▶ Brief: Word for word, restate each of the records below.

======== Source material ========

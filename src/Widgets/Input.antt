-- ===== src/Widgets/Input.antt =====
-- `PlInput` (`pl-input`) and the variable `activeInput` that all inputs of the page share.
-- The inner `<input>` or `<textarea>`, its validity and the browser's focus are outside the
-- repository: the validity is an argument (`none` where there is no inner element), and what a
-- handler asks of the page is listed as effects.
pub mod Focus
pub mod Mask
use padlock_cloud.Prelude.{
  ℕ, Bool, true, false, not, ◌&&◌, Option, none, some, List, [], ◌∷◌, ◌++◌, String, Text, ◌==◌,
  str_eq, length, if◌then◌else◌,
}

pub record Input : Type 0 where
  pub autosize : Bool
  pub autocapitalize : Bool
  pub disabled : Bool
  pub focused : Bool
  pub invalid : Bool
  pub masked : Bool
  pub multiline : Bool
  pub pattern_text : Option String
  pub placeholder : String
  pub no_tab : Bool
  pub readonly : Bool
  pub required : Bool
  pub type : String
  pub select_on_focus : Bool
  pub value : Text

-- The defaults of `properties`; `required` is declared with the falsy "".
unfoldable pub init : Input
init = record {
  autosize = false;
  autocapitalize = false;
  disabled = false;
  focused = false;
  invalid = false;
  masked = false;
  multiline = false;
  pattern_text = none;
  placeholder = "";
  no_tab = false;
  readonly = false;
  required = false;
  type = "text";
  select_on_focus = false;
  value = [];
}

-- What a handler asks of the page, about the input with this number.
pub data Effect : Type 0 where
  stop_propagation prevent_default : Effect
  dispatch : ℕ → String → Effect
  select_all_after blur_inner focus_inner : ℕ → Effect
  set_selection_range : ℕ → ℕ → Effect
  select_inner : ℕ → Effect
  autosize_inner autosize_update value_changed_after : ℕ → Effect

-- The inputs of the page by number, and `activeInput`.
pub record Page : Type 0 where
  pub inputs : ℕ → Input
  pub active_input : Option ℕ

abbrev pub set_input : ℕ → Input → Page → Page
set_input i input page = record page { inputs = λ j. if i == j then input else page.inputs j }

-- The selector that `inputElement` queries.
unfoldable pub inner_tag : Input → String
inner_tag input = if input.multiline then "textarea" else "input"

unfoldable pub dom_change : ℕ → Option Bool → Page → List Effect
dom_change i validity page =
    (if (page.inputs i).autosize && (page.inputs i).multiline && exists validity
      then autosize_inner i ∷ []
      else [])
    ++ value_changed_after i ∷ []
  where
    exists : Option Bool → Bool
    exists none = false
    exists (some _) = true

unfoldable pub on_focused : ℕ → Page → Page × List Effect
on_focused i page =
    let page' = set_input i (record (page.inputs i) { focused = true }) page in
    (
      record page' { active_input = some i },
      stop_propagation
          ∷ dispatch i "focus"
          ∷ (if (page.inputs i).select_on_focus then select_all_after i ∷ [] else []),
    )

abbrev is_active : Option ℕ → ℕ → Bool
is_active none i = false
is_active (some j) i = j == i

unfoldable pub on_blurred : ℕ → Page → Page × List Effect
on_blurred i page =
    let page' = set_input i (record (page.inputs i) { focused = false }) page in
    (
      record page' {
        active_input = if is_active page.active_input i then none else page.active_input;
      },
      stop_propagation ∷ dispatch i "blur" ∷ [],
    )

unfoldable pub on_change : ℕ → List Effect
on_change i = stop_propagation ∷ dispatch i "change" ∷ []

unfoldable pub on_keydown : ℕ → String → Page → List Effect
on_keydown i key page =
    if str_eq key "Enter" && not (page.inputs i).multiline
    then dispatch i "enter" ∷ prevent_default ∷ stop_propagation ∷ []
    else if str_eq key "Escape"
    then dispatch i "escape" ∷ prevent_default ∷ stop_propagation ∷ []
    else []

-- `this.inputElement && !this.inputElement.checkValidity()`
abbrev is_invalid : Option Bool → Bool
is_invalid none = false
is_invalid (some valid) = not valid

unfoldable pub on_value_changed : ℕ → Option Bool → Page → Page × List Effect
on_value_changed i validity page = (
  set_input i (record (page.inputs i) { invalid = is_invalid validity }) page,
  if (page.inputs i).autosize && (page.inputs i).multiline then autosize_update i ∷ [] else [],
)

-- `touchend` on the document: the active input's inner element loses the focus.
unfoldable pub on_touchend : Page → List Effect
on_touchend page = blur_active page.active_input
  where
    blur_active : Option ℕ → List Effect
    blur_active none = []
    blur_active (some i) = blur_inner i ∷ []

unfoldable pub tab_index : Bool → String
tab_index no_tab = if no_tab then "-1" else ""

abbrev is_empty : Text → Bool
is_empty [] = true
is_empty (_ ∷ _) = false

unfoldable pub show_mask : Input → Bool
show_mask input = input.masked && (not (is_empty input.value) && not input.focused)

-- `value.replace(/[^\n]/g, "\u2022")`; the empty text is returned as it is.
unfoldable pub mask : Text → Text
mask [] = []
mask (c ∷ s) = (if c == 0x0a then c else 0x2022) ∷ mask s

unfoldable pub auto_capitalize : Input → String
auto_capitalize input = if input.autocapitalize then "" else "off"

-- `selectAll`: `setSelectionRange` throws on some types of input, and `select` is called instead.
unfoldable pub select_all : ℕ → Bool → Page → List Effect
select_all i range_throws page =
    if range_throws
    then select_inner i ∷ []
    else set_selection_range i (length (page.inputs i).value) ∷ []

========

▶ Output of the task:
filename src/Widgets/Input.antt
-- ===== src/Widgets/Input.antt =====
-- `PlInput` (`pl-input`) and the variable `activeInput` that all inputs of the page share.
-- The inner `<input>` or `<textarea>`, its validity and the browser's focus are outside the
-- repository: the validity is an argument (`none` where there is no inner element), and what a
-- handler asks of the page is listed as effects.
pub mod Focus
pub mod Mask
use padlock_cloud.Prelude.{
  ℕ, Bool, true, false, not, ◌&&◌, Option, none, some, List, [], ◌∷◌, ◌++◌, String, Text, ◌==◌,
  str_eq, length, if◌then◌else◌,
}

pub record Input : Type 0 where
  pub autosize : Bool
  pub autocapitalize : Bool
  pub disabled : Bool
  pub focused : Bool
  pub invalid : Bool
  pub masked : Bool
  pub multiline : Bool
  pub pattern_text : Option String
  pub placeholder : String
  pub no_tab : Bool
  pub readonly : Bool
  pub required : Bool
  pub type : String
  pub select_on_focus : Bool
  pub value : Text

-- The defaults of `properties`; `required` is declared with the falsy "".
unfoldable pub init : Input
init = record {
  autosize = false;
  autocapitalize = false;
  disabled = false;
  focused = false;
  invalid = false;
  masked = false;
  multiline = false;
  pattern_text = none;
  placeholder = "";
  no_tab = false;
  readonly = false;
  required = false;
  type = "text";
  select_on_focus = false;
  value = [];
}

-- What a handler asks of the page, about the input with this number.
pub data Effect : Type 0 where
  stop_propagation prevent_default : Effect
  dispatch : ℕ → String → Effect
  select_all_after blur_inner focus_inner : ℕ → Effect
  set_selection_range : ℕ → ℕ → Effect
  select_inner : ℕ → Effect
  autosize_inner autosize_update value_changed_after : ℕ → Effect

-- The inputs of the page by number, and `activeInput`.
pub record Page : Type 0 where
  pub inputs : ℕ → Input
  pub active_input : Option ℕ

abbrev pub set_input : ℕ → Input → Page → Page
set_input i input page = record page { inputs = λ j. if i == j then input else page.inputs j }

-- The selector that `inputElement` queries.
unfoldable pub inner_tag : Input → String
inner_tag input = if input.multiline then "textarea" else "input"

unfoldable pub dom_change : ℕ → Option Bool → Page → List Effect
dom_change i validity page =
    (if (page.inputs i).autosize && (page.inputs i).multiline && exists validity
      then autosize_inner i ∷ []
      else [])
    ++ value_changed_after i ∷ []
  where
    exists : Option Bool → Bool
    exists none = false
    exists (some _) = true

unfoldable pub on_focused : ℕ → Page → Page × List Effect
on_focused i page =
    let page' = set_input i (record (page.inputs i) { focused = true }) page in
    (
      record page' { active_input = some i },
      stop_propagation
          ∷ dispatch i "focus"
          ∷ (if (page.inputs i).select_on_focus then select_all_after i ∷ [] else []),
    )

abbrev is_active : Option ℕ → ℕ → Bool
is_active none i = false
is_active (some j) i = j == i

unfoldable pub on_blurred : ℕ → Page → Page × List Effect
on_blurred i page =
    let page' = set_input i (record (page.inputs i) { focused = false }) page in
    (
      record page' {
        active_input = if is_active page.active_input i then none else page.active_input;
      },
      stop_propagation ∷ dispatch i "blur" ∷ [],
    )

unfoldable pub on_change : ℕ → List Effect
on_change i = stop_propagation ∷ dispatch i "change" ∷ []

unfoldable pub on_keydown : ℕ → String → Page → List Effect
on_keydown i key page =
    if str_eq key "Enter" && not (page.inputs i).multiline
    then dispatch i "enter" ∷ prevent_default ∷ stop_propagation ∷ []
    else if str_eq key "Escape"
    then dispatch i "escape" ∷ prevent_default ∷ stop_propagation ∷ []
    else []

-- `this.inputElement && !this.inputElement.checkValidity()`
abbrev is_invalid : Option Bool → Bool
is_invalid none = false
is_invalid (some valid) = not valid

unfoldable pub on_value_changed : ℕ → Option Bool → Page → Page × List Effect
on_value_changed i validity page = (
  set_input i (record (page.inputs i) { invalid = is_invalid validity }) page,
  if (page.inputs i).autosize && (page.inputs i).multiline then autosize_update i ∷ [] else [],
)

-- `touchend` on the document: the active input's inner element loses the focus.
unfoldable pub on_touchend : Page → List Effect
on_touchend page = blur_active page.active_input
  where
    blur_active : Option ℕ → List Effect
    blur_active none = []
    blur_active (some i) = blur_inner i ∷ []

unfoldable pub tab_index : Bool → String
tab_index no_tab = if no_tab then "-1" else ""

abbrev is_empty : Text → Bool
is_empty [] = true
is_empty (_ ∷ _) = false

unfoldable pub show_mask : Input → Bool
show_mask input = input.masked && (not (is_empty input.value) && not input.focused)

-- `value.replace(/[^\n]/g, "\u2022")`; the empty text is returned as it is.
unfoldable pub mask : Text → Text
mask [] = []
mask (c ∷ s) = (if c == 0x0a then c else 0x2022) ∷ mask s

unfoldable pub auto_capitalize : Input → String
auto_capitalize input = if input.autocapitalize then "" else "off"

-- `selectAll`: `setSelectionRange` throws on some types of input, and `select` is called instead.
unfoldable pub select_all : ℕ → Bool → Page → List Effect
select_all i range_throws page =
    if range_throws
    then select_inner i ∷ []
    else set_selection_range i (length (page.inputs i).value) ∷ []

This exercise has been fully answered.